Page → Provider → Table/Modal hierarchy

mermaid
graph TD
  Nav[Navigation.tsx]
  Nav --> ProvidersPage[/agent-network/providers/]
  Nav --> PoliciesPage[/agent-network/policies/]
  Nav --> GuardrailsPage[/agent-network/guardrails/]
  Nav --> ObsPage[/agent-network/observability/]

  ProvidersPage --> AIPP1[AIProvidersProvider]
  PoliciesPage --> AIPP2[AIProvidersProvider]
  GuardrailsPage --> AIPP3[AIProvidersProvider]
  ObsPage --> AIPP4[AIProvidersProvider]
  ObsPage -.wraps.-> GroupsProvider
  ObsPage -.wraps.-> PeersProvider

  AIPP1 --> ProvTable[AgentProvidersTable]
  ProvTable --> ProvModal[AIProviderModal]
  AIPP2 --> PolTable[AgentPoliciesTable]
  PolTable --> PolModal[AgentPolicyModal]
  PolModal --> PolGuardTab[AgentPolicyGuardrailsTab]
  PolModal --> PolLimitsTab[AgentPolicyLimitsTab]
  PolGuardTab --> GuardBrowse[AgentGuardrailBrowseModal]
  PolGuardTab --> GuardModal[AgentGuardrailModal]
  AIPP3 --> GuardTable[AgentGuardrailsTable]
  GuardTable --> GuardModal
  AIPP4 --> Tabs[Tabs]
  Tabs --> AccessLog[AgentAccessLogTable]
  Tabs --> Consumption[AgentConsumptionPanel]
  Tabs --> BudgetRules[AgentBudgetRulesTable]
  Tabs --> AccountCtl[AgentAccountControlsCard]
  BudgetRules --> BudgetModal[AgentBudgetRuleModal]
  BudgetModal -.reuses.-> PolLimitsTab

AI Observability tab page

mermaid
graph LR
  Page[AIObservabilityPage] --> RA[RestrictedAccess
permission.services.read]
  RA --> GP[GroupsProvider]
  GP --> PP[PeersProvider]
  PP --> AIP[AIProvidersProvider]
  AIP --> Tabs[Tabs / TabsList]
  Tabs --> T1[Access Logs
AgentAccessLogTable]
  Tabs --> T2[Budget Dashboard
AgentConsumptionPanel]
  Tabs --> T3[Budget Settings
AgentBudgetRulesTable]
  Tabs --> T4[Log Settings
AgentAccountControlsCard]
  T1 -.GET.-> EP[/events/proxy?agent_network=true/]
  T2 -.GET poll 5s.-> CONS[/agent-network/consumption/]
  T3 -.GET/PUT.-> BR[/agent-network/budget-rules/]
  T4 -.GET/PUT.-> ST[/agent-network/settings/]

Data fetch path

mermaid
graph TD
  Page[Page component] --> Prov[AIProvidersProvider]
  Prov -->|useFetchApi| SWR[(SWR cache
key = URL)]
  SWR -.GET.-> P[/agent-network/providers/]
  SWR -.GET.-> POL[/agent-network/policies/]
  SWR -.GET.-> G[/agent-network/guardrails/]
  SWR -.GET.-> BR[/agent-network/budget-rules/]
  SWR -.GET ignoreError.-> ST[/agent-network/settings/]
  SWR -.GET.-> CAT[/agent-network/catalog/providers/]
  SWR -.GET pageSize=100.-> EVT[/events/proxy agent_network=true/]
  Prov --> Mut[useApiCall.post/put/del]
  Mut -.on success.-> MutateSWR[SWR mutate keys]
  Prov --> Children[Tables / Modals via useAIProviders]

Every list view reaches management through SWR over /api/agent-network/*. The provider context maps snake-case payloads to camelCase domain types (fromAPI, policyFromAPI, guardrailFromAPI, budgetRuleFromAPI, settingsFromAPI, accessLogFromAPI — AIProvidersProvider.tsx:138-562) and back via matching *ToRequest adaptors.

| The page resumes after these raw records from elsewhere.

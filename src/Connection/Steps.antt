-- ===== src/Connection/Steps.antt =====
-- The steps of a server that take objects from its pools or give them back, in any order that libuv
-- calls them, and who owns the objects.
use fast_http.Prelude.{
  ℕ, ◌+◌, ◌*◌, ◌^◌, ◌<◌, ◌≡◌, sym, true, false, some, List, [], ◌∷◌, ◌++◌, arith,
}
use fast_http.Pool.Held.{elem}
use fast_http.Connection.{
  HttpctxPool, Context, httpctx_pool_malloc, httpctx_headers_free, new_req_header, new_res_header,
  on_closed, on_writed, on_new_connection,
}
use fast_http.Pool.Owns.{count, count-append, Owns, Owns-reorder, Fresh}

-- `http_server_t` and the contexts of its open connections.
pub record Server : Type 0 where
  pub pool : HttpctxPool
  pub contexts : List Context

-- All nodes of headers and all contexts.
abbrev pub header_nodes : List Context → List ℕ
header_nodes [] = []
header_nodes (c ∷ cs) = (c.res_headers ++ c.req_headers) ++ header_nodes cs

abbrev pub addrs : List Context → List ℕ
addrs [] = []
addrs (c ∷ cs) = c.addr ∷ addrs cs

-- Each object that a pool has given out belongs to one place of one connection, and each connection's
-- objects are given out.
pub record Owned (s : Server) : Type 0 where
  pub nodes : Owns s.pool.headers_pool (header_nodes s.contexts)
  pub contexts : Owns s.pool.ctx_pool (addrs s.contexts)

-- One call: `before ++ c ∷ after` are the connections, and it is about `c`.
pub data Step : Server → Server → Type 0 where
  connected :
      (pool pool' : HttpctxPool) (cs : List Context) (c : Context) (entry : ℕ)
      → Fresh pool.ctx_pool entry
      → on_new_connection pool false entry ≡ some (pool', some c)
      → Step (record { pool = pool; contexts = cs }) (record { pool = pool'; contexts = c ∷ cs })
  closed :
      (pool : HttpctxPool) (before : List Context) (c : Context) (after : List Context)
      → Step
          (record { pool = pool; contexts = before ++ c ∷ after })
          (record { pool = (on_closed pool c).0; contexts = before ++ after })
  writed :
      (pool pool' : HttpctxPool) (before : List Context) (c c' : Context) (after : List Context)
      (req : ℕ) (freed : List ℕ)
      → on_writed pool c req ≡ some (pool', c', freed)
      → Step
          (record { pool = pool; contexts = before ++ c ∷ after })
          (record { pool = pool'; contexts = before ++ c' ∷ after })
  req_header :
      (pool : HttpctxPool) (before : List Context) (c : Context) (after : List Context) (entry : ℕ)
      → Fresh pool.headers_pool entry
      → Step
          (record { pool = pool; contexts = before ++ c ∷ after })
          (record {
            pool = (new_req_header pool c entry).0;
            contexts = before ++ (new_req_header pool c entry).1 ∷ after;
          })
  res_header :
      (pool : HttpctxPool) (before : List Context) (c : Context) (after : List Context) (entry : ℕ)
      → Fresh pool.headers_pool entry
      → Step
          (record { pool = pool; contexts = before ++ c ∷ after })
          (record {
            pool = (new_res_header pool c entry).0;
            contexts = before ++ (new_res_header pool c entry).1 ∷ after;
          })
  res_header_freed :
      (pool : HttpctxPool) (before : List Context) (c : Context) (after : List Context) (node : ℕ)
      → elem node c.res_headers ≡ true
      → Step
          (record { pool = pool; contexts = before ++ c ∷ after })
          (record {
            pool = (httpctx_headers_free pool c.res_headers node).0;
            contexts =
                before
                ++ record c { res_headers = (httpctx_headers_free pool c.res_headers node).1 }
                  ∷ after;
          })

-- The servers that `httpctx_pool_malloc` and calls lead to.
pub data Runs : Server → Type 0 where
  created :
      (headers_at headers_count node_bytes ctx_at ctx_count ctx_bytes : ℕ)
      → 0 < node_bytes
      → headers_count + 31 < 2 ^ 32
      → (headers_count + 31) * node_bytes < 2 ^ 32
      → 0 < ctx_bytes
      → ctx_count + 31 < 2 ^ 32
      → (ctx_count + 31) * ctx_bytes < 2 ^ 32
      → Runs (record {
        pool = httpctx_pool_malloc headers_at headers_count node_bytes ctx_at ctx_count ctx_bytes;
        contexts = [];
      })
  stepped : {s s' : Server} → Runs s → Step s s' → Runs s'

count-header_nodes :
    (q : ℕ) (before cs : List Context)
    → count q (header_nodes (before ++ cs))
      ≡ count q (header_nodes before) + count q (header_nodes cs)
count-header_nodes q [] cs = omega arith
count-header_nodes q (b ∷ before) cs =
    let here = b.res_headers ++ b.req_headers in
    omega (
      arith,
      count-append q here (header_nodes (before ++ cs)),
      count-append q here (header_nodes before),
      count-header_nodes q before cs,
    )

count-addrs :
    (q : ℕ) (before cs : List Context)
    → count q (addrs (before ++ cs)) ≡ count q (addrs before) + count q (addrs cs)
count-addrs q [] cs = omega arith
count-addrs q (b ∷ before) cs = omega (arith, count-addrs q before cs)

nodes_moved :
    (q : ℕ) (before : List Context) (c : Context) (after : List Context)
    → count q (header_nodes (before ++ c ∷ after)) ≡ count q (header_nodes (c ∷ (before ++ after)))
nodes_moved q before c after =
    let here = c.res_headers ++ c.req_headers in
    omega (
      arith,
      count-header_nodes q before (c ∷ after),
      count-header_nodes q before after,
      count-append q here (header_nodes (before ++ after)),
      count-append q here (header_nodes after),
    )

addrs_moved :
    (q : ℕ) (before : List Context) (c : Context) (after : List Context)
    → count q (addrs (before ++ c ∷ after)) ≡ count q (addrs (c ∷ (before ++ after)))
addrs_moved q before c after =
    omega (arith, count-addrs q before (c ∷ after), count-addrs q before after)

-- The connection that a call is about can be put first, and back.
module _ {pool : HttpctxPool} (before : List Context) (c : Context) (after : List Context) where
  pub first-Owned :
      Owned (record { pool = pool; contexts = before ++ c ∷ after })
      → Owned (record { pool = pool; contexts = c ∷ (before ++ after) })
  first-Owned o = record {
    nodes = Owns-reorder _ _ o.nodes (λ q. sym (nodes_moved q before c after));
    contexts = Owns-reorder _ _ o.contexts (λ q. sym (addrs_moved q before c after));
  }

  pub back-Owned :
      Owned (record { pool = pool; contexts = c ∷ (before ++ after) })
      → Owned (record { pool = pool; contexts = before ++ c ∷ after })
  back-Owned o = record {
    nodes = Owns-reorder _ _ o.nodes (λ q. nodes_moved q before c after);
    contexts = Owns-reorder _ _ o.contexts (λ q. addrs_moved q before c after);
  }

The access log piggy-backs on /events/proxy with agent_network=true&page_size=100 (line 707-709) and decodes LLM-specific fields from per-event metadata. Group IDs on events are resolved to current names through the surrounding GroupsProvider catalog (lines 515-521, 717-731) — no extra round trip. Mutators run *ToRequest, await useApiCall.post/put/del, call SWR mutate(), then notify. Errors caught and surfaced via notify — no exceptions escape into render. The Connect Provider modal's open state lives in the provider itself (isWizardOpen at lines 732-735) so the providers-page empty-state CTA and the table's + button share one modal. Control-center re-fetches /agent-network/{providers,policies} directly on top of AIProvidersProvider — SWR de-dupes but the code path is harder to reason about.

Public contracts consumed

  • GET/POST /api/agent-network/providers, PUT/DELETE /:id
  • GET/POST /api/agent-network/policies, PUT/DELETE /:id
  • GET/POST /api/agent-network/guardrails, PUT/DELETE /:id
  • GET/POST /api/agent-network/budget-rules, PUT/DELETE /:id
  • GET/PUT /api/agent-network/settings (ignoreError-tolerant; 404 = not yet bootstrapped — auto-bootstrap on first provider create via bootstrap_cluster field — AIProvidersProvider.tsx:737-760)
  • GET /api/agent-network/catalog/providers (read-only declarative; backend owns vendor list, IDs, brand colors, models, extra_headers, identity_injection — useProviderCatalog.ts:6-95)
  • GET /api/agent-network/consumption (polled every 5s on Budget Dashboard — ConsumptionPanel.tsx:53,65-71)
  • GET /api/events/proxy?agent_network=true&page_size=100 (shared with Proxy Events)
  • permission?.services?.read gates every agent-network route via RestrictedAccess.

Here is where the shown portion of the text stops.